Continuous distributions have values that
are floating-point numbers; values from
these distributions are most often used
for amounts of time. Discrete distributions
have values that are integers; values
from these distributions are often used
for quantities of resources.
The following prototypes
are for the functions that generate values
from continuous distributions.

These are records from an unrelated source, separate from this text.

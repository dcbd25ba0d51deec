-- ===== src/Udp/Public.antt =====
-- transport/udp/udp.go, `resolvePublicAddress`: the address at which others see the node. The library
-- stun, the resolver and the socket are given by what they return, on a world.
use webrtc_dht.Prelude.{◌≡◌, refl, ◌⊎◌, inl, inr, Option, none, some, ℤ, Bytes}
use webrtc_dht.Types.{Error, Result, ok, err, NetworkNode}

-- `stun_message` is `Decode`, and `xor_address` is `GetFrom` of an `XORMappedAddress`.
pub record Stun : Type 1 where
  pub World : Type 0
  pub Address : Type 0
  pub StunMessage : Type 0
  pub resolve_server : World → World × Result Address
  pub build_request : World → World × Result Bytes
  pub write_to : World → Address → Bytes → World × Option Error
  pub read_from : World → World × Result Bytes
  pub stun_message : Bytes → Result StunMessage
  pub xor_address : StunMessage → Result (Bytes × ℤ)

module _ (S : Stun) where
  open S use {
    World, Address, StunMessage, resolve_server, build_request, write_to, read_from, stun_message,
    xor_address,
  }

  -- The steps from the last to the first: each takes what the call before returned.
  public_found : NetworkNode → World → Result (Bytes × ℤ) → World × NetworkNode × Option Error
  public_found local w (err e) = (w, local, some e)
  public_found local w (ok (address, port)) =
      (w, record local { address = address; port = port }, none)

  public_decoded : NetworkNode → World → Result StunMessage → World × NetworkNode × Option Error
  unfolding public_found
  public_decoded local w (err e) = (w, local, some e)
  public_decoded local w (ok msg) = public_found local w (xor_address msg)

  public_read : NetworkNode → World × Result Bytes → World × NetworkNode × Option Error
  unfolding public_decoded
  public_read local (w, err e) = (w, local, some e)
  public_read local (w, ok raw) = public_decoded local w (stun_message raw)

  public_written : NetworkNode → World × Option Error → World × NetworkNode × Option Error
  unfolding public_read
  public_written local (w, some e) = (w, local, some e)
  public_written local (w, none) = public_read local (read_from w)

  public_built : NetworkNode → Address → World × Result Bytes → World × NetworkNode × Option Error
  unfolding public_written
  public_built local server (w, err e) = (w, local, some e)
  public_built local server (w, ok raw) = public_written local (write_to w server raw)

  public_resolved : NetworkNode → World × Result Address → World × NetworkNode × Option Error
  unfolding public_built
  public_resolved local (w, err e) = (w, local, some e)
  public_resolved local (w, ok server) = public_built local server (build_request w)

  unfoldable pub resolve_public_address : World → NetworkNode → World × NetworkNode × Option Error
  unfolding public_resolved
  resolve_public_address w local = public_resolved local (resolve_server w)

  -- What the local node is afterwards: as before, with an error; or, without one, with an address
  -- and a port that a message which was read names.
  abbrev pub IsResolved : NetworkNode → World × NetworkNode × Option Error → Type 0
  IsResolved local r =
      ((e : Error) × (r.2 ≡ some e) × (r.1 ≡ local))
      ⊎ ((raw : Bytes) × (msg : StunMessage) × (address : Bytes) × (port : ℤ) × (stun_message raw
            ≡ ok msg)
          × (xor_address msg ≡ ok (address, port))
          × (r.1 ≡ record local { address = address; port = port })
          × (r.2 ≡ none))

  module _ (local : NetworkNode) where
    public_found-IsResolved :
        (raw : Bytes) (msg : StunMessage) (w : World) (r : Result (Bytes × ℤ))
        → stun_message raw ≡ ok msg
        → xor_address msg ≡ r
        → IsResolved local (public_found local w r)
    unfolding public_found
    public_found-IsResolved raw msg w (err e) p q = inl (e, refl, refl)
    public_found-IsResolved raw msg w (ok (address, port)) p q =
        inr (raw, msg, address, port, p, q, refl, refl)

    public_decoded-IsResolved :
        (raw : Bytes) (w : World) (r : Result StunMessage)
        → stun_message raw ≡ r
        → IsResolved local (public_decoded local w r)
    unfolding public_decoded
    public_decoded-IsResolved raw w (err e) p = inl (e, refl, refl)
    public_decoded-IsResolved raw w (ok msg) p =
        public_found-IsResolved raw msg w (xor_address msg) p refl

    public_read-IsResolved : (r : World × Result Bytes) → IsResolved local (public_read local r)
    unfolding public_read
    public_read-IsResolved (w, err e) = inl (e, refl, refl)
    public_read-IsResolved (w, ok raw) = public_decoded-IsResolved raw w (stun_message raw) refl

    public_written-IsResolved :
        (r : World × Option Error) → IsResolved local (public_written local r)
    unfolding public_written
    public_written-IsResolved (w, some e) = inl (e, refl, refl)
    public_written-IsResolved (w, none) = public_read-IsResolved (read_from w)

    public_built-IsResolved :
        (server : Address) (r : World × Result Bytes)
        → IsResolved local (public_built local server r)
    unfolding public_built
    public_built-IsResolved server (w, err e) = inl (e, refl, refl)
    public_built-IsResolved server (w, ok raw) = public_written-IsResolved (write_to w server raw)

    public_resolved-IsResolved :
        (r : World × Result Address) → IsResolved local (public_resolved local r)
    unfolding public_resolved
    public_resolved-IsResolved (w, err e) = inl (e, refl, refl)
    public_resolved-IsResolved (w, ok server) = public_built-IsResolved server (build_request w)

    -- Whatever the resolver, the library and the socket return, resolvePublicAddress either reports
    -- an error and leaves the local node, or changes nothing of it but the address and the port,
    -- to those that a message which was read names.
    pub resolve_public_address-IsResolved :
        (w : World) → IsResolved local (resolve_public_address w local)
    unfolding resolve_public_address
    resolve_public_address-IsResolved w = public_resolved-IsResolved (resolve_server w)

The parameters
min
and max
specify the minimum and maximum values
that will be generated. The parameters
mean,
var,
stddev,
and mode specify respectively the mean,
variance, standard deviation, and mode
of the distribution. The parameters shape1,
shape2,
shape,
alpha,
and beta
are all shape parameters whose meaning
can be found in any text that describes
these distributions.
The following prototypes are for the
functions that generate values from
discrete distributions. The parameters
min
and max
specify the minimum and maximum values
that will be generated. The parameter
mean
specifies the mean of the distribution.
The parameters prob_success,
num_trials,
and success_num
are respectively the probability of
success, the number of trials, and the
success number. A text that describes
theses distributions should be consulted
for the detailed meaning of these parameters.
Prototype:
long uniform_int(long min, long max)
Prototype:
long bernoulli(double prob_success)
Prototype:
long binomial(double prob_success,
long
num_trials)
Prototype:
long geometric(double prob_success)
Prototype:
long negative_binomial(long success_num,
double prob_success)
Prototype:
long poisson(double mean)
Two functions must be used to efficiently
generate values from an empirical distribution.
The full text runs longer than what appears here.